Your ongoing lack of transparency with stockholders is only made more evident by your wrongful withholding of the information that we requested in our 220 demand. It is outrageous that you have chosen to hide behind legal chicanery (the cost of which will be borne by stockholders) rather than disclose information that stockholders have the right to know. We ask – What are you trying to hide and why must stockholders pay your high priced lawyers to help you hide it?

In response to our 2011 proxy contest, the company disclosed that it would recommend that the Board make a commitment, which would be part of the Forest Labs Corporate Governance Guidelines, to consult at least once per year, with leading corporate governance experts to (i) stay abreast of best practices and consider how they might apply to Forest Labs and (ii) make recommendations for any appropriate reform. It does not appear that you amended the Corporate Governance Guidelines to include that commitment. Moreover, you have failed to disclose whether or not the promised consultations with such experts did in fact take place and, if they did take place, what were the results of any such consultations. These corporate governance initiatives, however meager, were central to your campaign promises last year. The stockholders have a right to know whether the company in fact delivered on its promise. But your letter arrogantly refuses to provide that simple information. Again, we ask — what are you trying to hide?

As Ronald Reagan said, “Trust but verify.” We believe stockholders have ample cause to seek to verify what is in fact happening at Forest Labs. That is why we demanded information from you. And that is why you should provide it. We need only recall the 2011 ISS Report’s assessment of the Board’s decisions regarding Mr. Solomon’s potential exclusion by the government to see why more transparency is needed at Forest Labs:

“The image of the CEO sitting in on the ostensibly independent directors as they discuss whether or not to support him is uncomfortably close to that of a show trial: a theatrical demonstration of power, with a pre-determined outcome, in which those with ostensible authority must first and foremost demonstrate their zealous personal loyalty to the one who holds real power.”

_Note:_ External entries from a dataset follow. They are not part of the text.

-- ===== src/Base/Buffer.antt =====
-- Byte slices that are written in place: `copy(d[off:], bs)` and the reads and writes of
-- `encoding/binary` at an offset. A slice out of range is a panic in Go, which is not modelled: here a
-- read stops at the end and a write past it is lost.
use hedgehog_db_opus.Base.Lists.{length, take, drop, get_elem?, length-take, length-drop}
use hedgehog_db_opus.Base.Bytes.{le_bytes, le_value, length-le_bytes, le_value-le_bytes}
use Prim.Native.Nat.{ℕ, zero, suc, ◌+◌, ◌^◌, ◌≤◌, ◌<◌}
use mathlib.Core.Path.{◌≡◌, refl, sym, ap, ◌∙◌}
use mathlib.Core.Logic.{◌⊎◌, inl, inr}
use mathlib.Core.List.{List, [], ◌∷◌, ◌++◌}
use mathlib.Core.Option.{some}
use native.Mathlib.Omega.{arith}

-- `d[off:off+n]`
abbrev pub read_at : ℕ → ℕ → List ℕ → List ℕ
read_at off n d = take n (drop off d)

-- `copy(d[off:off+len(bs)], bs)`
unfoldable pub copy_at : ℕ → List ℕ → List ℕ → List ℕ
copy_at off bs [] = []
copy_at zero [] (x ∷ d) = x ∷ d
copy_at zero (b ∷ bs) (x ∷ d) = b ∷ copy_at zero bs d
copy_at (suc off) bs (x ∷ d) = x ∷ copy_at off bs d

-- `binary.LittleEndian.UintN(d[off:off+w])` and `PutUintN`.
abbrev pub get_le : ℕ → ℕ → List ℕ → ℕ
get_le w off d = le_value (read_at off w d)

abbrev pub put_le : ℕ → ℕ → ℕ → List ℕ → List ℕ
put_le w off n d = copy_at off (le_bytes w n) d

-- The slice has these bytes from the offset on.
abbrev pub Holds : List ℕ → ℕ → List ℕ → Type 0
Holds d off [] = Unit {0}
Holds d off (b ∷ bs) = (get_elem? d off ≡ some b) × Holds d (suc off) bs

-- Two ranges, each an offset with a length, that do not meet.
abbrev pub Apart : ℕ → ℕ → ℕ → ℕ → Type 0
Apart o n off len = (o + n ≤ off) ⊎ (off + len ≤ o)

pub length-copy_at : (off : ℕ) (bs d : List ℕ) → length (copy_at off bs d) ≡ length d
unfolding copy_at
length-copy_at off bs [] = refl
length-copy_at zero [] (x ∷ d) = refl
length-copy_at zero (b ∷ bs) (x ∷ d) = ap suc (length-copy_at zero bs d)
length-copy_at (suc off) bs (x ∷ d) = ap suc (length-copy_at off bs d)

-- One copy after another is the copy of both.
pub copy_at-append :
    (off : ℕ) (xs ys d : List ℕ)
    → copy_at off (xs ++ ys) d ≡ copy_at (off + length xs) ys (copy_at off xs d)
unfolding copy_at
copy_at-append off xs ys [] = refl
copy_at-append zero [] ys (x ∷ d) = refl
copy_at-append zero (b ∷ xs) ys (x ∷ d) =
    let next : 0 + suc (length xs) ≡ suc (0 + length xs) = omega arith in
    rw next (ap (λ (t : List ℕ). b ∷ t) (copy_at-append zero xs ys d))
copy_at-append (suc off) xs ys (x ∷ d) =
    let next : suc off + length xs ≡ suc (off + length xs) = omega arith in
    rw next (ap (λ (t : List ℕ). x ∷ t) (copy_at-append off xs ys d))

get_elem?-copy_at-Apart :
    (off i : ℕ) (bs d : List ℕ)
    → Apart i 1 off (length bs)
    → get_elem? (copy_at off bs d) i ≡ get_elem? d i
unfolding copy_at
get_elem?-copy_at-Apart off i bs [] h = refl
get_elem?-copy_at-Apart zero zero [] (x ∷ d) h = refl
get_elem?-copy_at-Apart zero (suc i) [] (x ∷ d) h = refl
get_elem?-copy_at-Apart zero zero (b ∷ bs) (x ∷ d) h = absurd (omega (arith, h))
get_elem?-copy_at-Apart zero (suc i) (b ∷ bs) (x ∷ d) h =
    get_elem?-copy_at-Apart zero i bs d (inr (omega (arith, h)))
get_elem?-copy_at-Apart (suc off) zero bs (x ∷ d) h = refl
get_elem?-copy_at-Apart (suc off) (suc i) bs (x ∷ d) h =
    get_elem?-copy_at-Apart off i bs d
      (elim h [ inl p ↦ inl (omega arith) | inr p ↦ inr (omega arith) ])

pub Holds-cons :
    (x : ℕ) (d : List ℕ) (off : ℕ) (bs : List ℕ)
    → (Holds d off bs → Holds (x ∷ d) (suc off) bs) × (Holds (x ∷ d) (suc off) bs → Holds d off bs)
Holds-cons x d off [] = (λ h. h, λ h. h)
Holds-cons x d off (b ∷ bs) =
    let (f, g) = Holds-cons x d (suc off) bs in (λ (h, hs). (h, f hs), λ (h, hs). (h, g hs))

-- What was copied is there.
pub Holds-copy_at :
    (off : ℕ) (bs d : List ℕ) → off + length bs ≤ length d → Holds (copy_at off bs d) off bs
unfolding copy_at
Holds-copy_at off [] d h = tt
Holds-copy_at off (b ∷ bs) [] h = absurd (omega (arith, h))
Holds-copy_at zero (b ∷ bs) (x ∷ d) h = (
  refl,
  (Holds-cons b (copy_at zero bs d) zero bs).0 (Holds-copy_at zero bs d (omega (arith, h))),
)
Holds-copy_at (suc off) (b ∷ bs) (x ∷ d) h =
    (Holds-cons x (copy_at off (b ∷ bs) d) off (b ∷ bs)).0
      (Holds-copy_at off (b ∷ bs) d (omega (arith, h)))

-- What was there apart from the copy is kept.
pub Holds-keep :
    (o : ℕ) (cs : List ℕ) (off : ℕ) (bs d : List ℕ)
    → Apart o (length cs) off (length bs)
    → Holds d o cs
    → Holds (copy_at off bs d) o cs
Holds-keep o [] off bs d a h = tt
Holds-keep o (c ∷ cs) off bs d a (h, hs) =
    let here : Apart o 1 off (length bs) = elim a [
      | inl p ↦ inl (omega (arith, p))
      | inr p ↦ inr (omega (arith, p))
    ] in
    let after : Apart (suc o) (length cs) off (length bs) = elim a [
      | inl p ↦ inl (omega (arith, p))
      | inr p ↦ inr (omega (arith, p))
    ] in
    (get_elem?-copy_at-Apart off o bs d here ∙ h, Holds-keep (suc o) cs off bs d after hs)

pub Holds-append :
    (d : List ℕ) (o : ℕ) (xs ys : List ℕ)
    → (Holds d o (xs ++ ys) → Holds d o xs × Holds d (o + length xs) ys)
      × (Holds d o xs → Holds d (o + length xs) ys → Holds d o (xs ++ ys))
Holds-append d o [] ys = let e : o + 0 ≡ o = omega arith in (λ h. (tt, rw e h), λ h k. rw (← e) k)
Holds-append d o (x ∷ xs) ys =
    let (f, g) = Holds-append d (suc o) xs ys in
    let e : o + suc (length xs) ≡ suc o + length xs = omega arith in
    (λ (h, hs). ((h, (f hs).0), rw e ((f hs).1)), λ (h, hs) k. (h, g hs (rw (← e) k)))

-- The bytes lie in the slice.
pub Holds-bounds :
    (d : List ℕ) (o : ℕ) (bs : List ℕ) → Holds d o bs → 0 < length bs → o + length bs ≤ length d
Holds-bounds [] o [] h p = absurd (omega (arith, p))
Holds-bounds [] o (b ∷ bs) (h, hs) p = cc
Holds-bounds (x ∷ d) (suc o) bs h p =
    omega (arith, Holds-bounds d o bs ((Holds-cons x d o bs).1 h) p)
Holds-bounds (x ∷ d) zero [] h p = absurd (omega (arith, p))
Holds-bounds (x ∷ d) zero (b ∷ []) h p = omega arith
Holds-bounds (x ∷ d) zero (b ∷ c ∷ bs) (h, hs) p =
    omega (arith, Holds-bounds d zero (c ∷ bs) ((Holds-cons x d zero (c ∷ bs)).1 hs) (omega arith))

-- A read of the bytes gives them.
pub read_at-Holds : (d : List ℕ) (o : ℕ) (bs : List ℕ) → Holds d o bs → read_at o (length bs) d ≡ bs
read_at-Holds d o [] h = refl
read_at-Holds [] o (b ∷ bs) (h, hs) = cc
read_at-Holds (x ∷ d) (suc o) (b ∷ bs) h =
    read_at-Holds d o (b ∷ bs) ((Holds-cons x d o (b ∷ bs)).1 h)
read_at-Holds (x ∷ d) zero (b ∷ bs) (h, hs) =
    cc (h, read_at-Holds d zero bs ((Holds-cons x d zero bs).1 hs))

-- The bytes read are there.
pub Holds-read_at : (d : List ℕ) (o n : ℕ) → Holds d o (read_at o n d)
Holds-read_at d o zero = tt
Holds-read_at [] zero (suc n) = tt
Holds-read_at [] (suc o) (suc n) = tt
Holds-read_at (x ∷ d) (suc o) (suc n) =
    (Holds-cons x d o (read_at o (suc n) d)).0 (Holds-read_at d o (suc n))
Holds-read_at (x ∷ d) zero (suc n) =
    (refl, (Holds-cons x d zero (read_at zero n d)).0 (Holds-read_at d zero n))

-- A number is read again where its bytes are kept.
pub get_le-kept :
    (w off : ℕ) (d d' : List ℕ)
    → off + w ≤ length d
    → Holds d' off (read_at off w d)
    → get_le w off d' ≡ get_le w off d
get_le-kept w off d d' inside h =
    let size : length (read_at off w d) ≡ w =
      omega (arith, inside, length-take w (drop off d), length-drop off d) in
    ap (λ n. le_value (read_at off n d')) (sym size)
    ∙ ap le_value (read_at-Holds d' off (read_at off w d) h)

pub get_le-Holds :
    (w n off : ℕ) (d : List ℕ) → n < 256 ^ w → Holds d off (le_bytes w n) → get_le w off d ≡ n
get_le-Holds w n off d fits h =
    ap (λ k. le_value (read_at off k d)) (sym (length-le_bytes w n))
    ∙ ap le_value (read_at-Holds d off (le_bytes w n) h)
    ∙ le_value-le_bytes w n fits

pub Holds-put_le :
    (w off n : ℕ) (d : List ℕ) → off + w ≤ length d → Holds (put_le w off n d) off (le_bytes w n)
Holds-put_le w off n d h =
    Holds-copy_at off (le_bytes w n) d (omega (arith, h, length-le_bytes w n))

pub Holds-keep_put :
    (o : ℕ) (cs : List ℕ) (w off n : ℕ) (d : List ℕ)
    → Apart o (length cs) off w
    → Holds d o cs
    → Holds (put_le w off n d) o cs
Holds-keep_put o cs w off n d a h =
    Holds-keep o cs off (le_bytes w n) d (rw (length-le_bytes w n) a) h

“All the subsequent protestations about personal integrity and independence ring a little hollow, when the right course of action – calling an executive session to let the unaffiliated outside directors debate the issues in private, without any undue influence from insiders – was both an obvious and easy choice. That the meeting appears to have been orchestrated from the C-suite – the General Counsel, rather than the board’s own outside advisors, apparently prepared and presented the materials which shaped the discussion – does not help matters.”

“If there was ever a moment for the independent directors to take matters into their own hands, this was it. That they failed to do so – and perhaps even failed to recognize their own responsibility to do so – is deeply worrisome.”

WE HAVE CONCLUDED THAT THE ONLY REASON THAT YOU WILL NOT GIVE US INFORMATION THAT WE ARE LEGALLY ENTITLED TO UNDER DELAWARE LAW CONCERNING SUCH “BENIGN” BUT IMPORTANT SUBJECTS SUCH AS SUCCESSION PLANS AND CORPORATE GOVERNANCE, IS BECAUSE YOU HAVE SOMETHING TO HIDE. WE THEREFORE ARE COMMENCING LITIGATION COMPELLING YOU TO REVEAL THE ITEMS THAT YOU HAVE REFUSED TO PROVIDE IN ORDER TO FIND OUT EXACTLY WHAT YOU ARE TRYING TO HIDE. IN THIS WAY STOCKHOLDERS CAN MAKE A TRULY INFORMED DECISION AT THE UPCOMING ANNUAL MEETING, INSTEAD OF HAVING TO CONTINUE TO MAKE THEIR DECISIONS IN THE DARK.